Page 2: Life-cycle cost analysis
The other cost reduction technique is Life Cycle Cost Analysis to influence design. To avoid products being developed with a low acquisition cost but high operation and support costs, or vice versa, life cycle cost analysis considers the full cost of ownership of the products in the engineering and decision making process, to establish the correct balance of acquisition and in-service cost, whilst maintaining the required effectiveness of the product.
British Aerospace uses sophisticated cost modelling to investigate and estimate the life cycle cost of an aeroplane. This provides insight into the hidden costs of operation and support hence overcoming the iceberg syndrome. All investment involves providing a balance between reliability and the cost of ownership. Investment in improving the reliability and ease of maintenance of an aircraft will help to reduce the cost of ownership, but usually with an increase in the cost of acquisition.
During the design stage, the earlier the opportunity for improvement can be identified, the less it will cost to incorporate. Initially the benefits exceed the associated cost of investment, resulting in a reduction in the life cycle cost. However, there is a point beyond which increased investment will not yield greater savings and the life cycle cost cannot be reduced further.
Life cycle cost analysis is the technique of predicting future costs early enough to enable decisions to be taken that influence design to minimise lifecycle costs without compromising the performance of an aircraft.
In considering the life cycle cost elements of a project, which relate to the costs of design, development, manufacture, operation and support of the aircraft, this study now focuses on the manufacture element of the life cycle cost with particular reference to the ‘in-house’ production manufacture cost.
This part of the life cycle cost, the in-house production cost, accrues all the costs related to turning the concept and design into an actual flying aircraft, capable of performing to its desired requirements.
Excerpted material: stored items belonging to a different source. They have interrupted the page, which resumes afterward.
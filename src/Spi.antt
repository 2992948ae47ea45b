-- ===== src/Spi.antt =====
-- src/spi.c and include/spi.h: bytes to and from a device on the clocked serial port, which sends the
-- lowest bit first where SPI wants the highest. The port and what hangs on it are the interface
-- `Csio`: the loops on CNTR end when a byte is through.
use Prim.Native.Nat.{bit_and, bit_or}
use zosys.Common.{ℕ, ◌+◌, ◌-◌, ◌*◌, ◌/◌, ◌^◌, ◌<◌, ◌≡◌, refl, Bool, true, arith}
use zosys.Common.Bits.{bit, holds_from, at_of_holds, same, same-eq}

pub record Csio (D : Type 0) : Type 0 where
  -- A byte through TRDR, out and in, and a write of `io_system`.
  pub send : ℕ → D → D
  pub receive : D → ℕ × D
  pub io_system : ℕ → D → D

unfoldable pub reverse : ℕ → ℕ
reverse b =
    let b1 = bit_or (bit_and b 0xf0 / 2 ^ 4) (bit_and b 0x0f * 2 ^ 4) in
    let b2 = bit_or (bit_and b1 0xcc / 2 ^ 2) (bit_and b1 0x33 * 2 ^ 2) in
    bit_or (bit_and b2 0xaa / 2) (bit_and b2 0x55 * 2)

-- The chip selects, and the other bits of `io_system`, which `passive` holds.
abbrev pub cs1_bit : ℕ
cs1_bit = 0x04

abbrev pub cs2_bit : ℕ
cs2_bit = 0x08

module _ {D : Type 0} (port : Csio D) (passive : ℕ) where
  unfoldable pub spi_in_byte : D → ℕ × D
  unfolding reverse
  spi_in_byte d = (reverse (port.receive d).0, (port.receive d).1)

  unfoldable pub spi_out_byte : ℕ → D → D
  unfolding reverse
  spi_out_byte b d = port.send (reverse b) d

  unfoldable pub spi_cs_none : D → D
  spi_cs_none d = port.io_system (bit_or (cs2_bit + cs1_bit) (bit_and passive 0xf3)) d

  unfoldable pub spi_cs1 : D → D
  spi_cs1 d = port.io_system (bit_or cs2_bit (bit_and passive 0xf3)) d

  unfoldable spi_cs2 : D → D
  spi_cs2 d = port.io_system (bit_or cs1_bit (bit_and passive 0xf3)) d

reverse_row : ℕ → ℕ → Bool
reverse_row b i = same (bit (reverse b) i) (bit b (7 - i))

reverse_table : holds_from (λ b. holds_from (reverse_row b) 0 8) 0 256 ≡ true
unfolding holds_from reverse_row reverse bit
reverse_table = refl

-- `reverse` turns the eight bits of a byte round: bit `i` of the result is bit `7 - i` of the byte.
bit-reverse : (b i : ℕ) → b < 256 → i < 8 → bit (reverse b) i ≡ bit b (7 - i)
unfolding reverse_row
bit-reverse b i hb hi =
    let row =
      at_of_holds (λ c. holds_from (reverse_row c) 0 8) 0 256 b reverse_table (omega arith)
        (omega arith) in
    same-eq _ _ (at_of_holds (reverse_row b) 0 8 i row (omega arith) (omega arith))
This complex manufacturing process basically involves the stages of:- planning the manufacturing methods, converting raw materials into high precision airframe components, assembling the airframe, integrating the vendor manufactured components with the airframe, ground testing the compatibility and function of the systems throughout the complete aircraft, flight testing each aircraft to ensure compliance to full performance and safety and finally painting the aircraft in the required livery ready for despatch to the customer.
Having highlighted earlier the importance of the utmost reliability and ease of maintenance, it can be seen that it is essential for components to be designed and manufactured with this in mind, whilst ensuring the need for accuracy in productability, quality and affordability.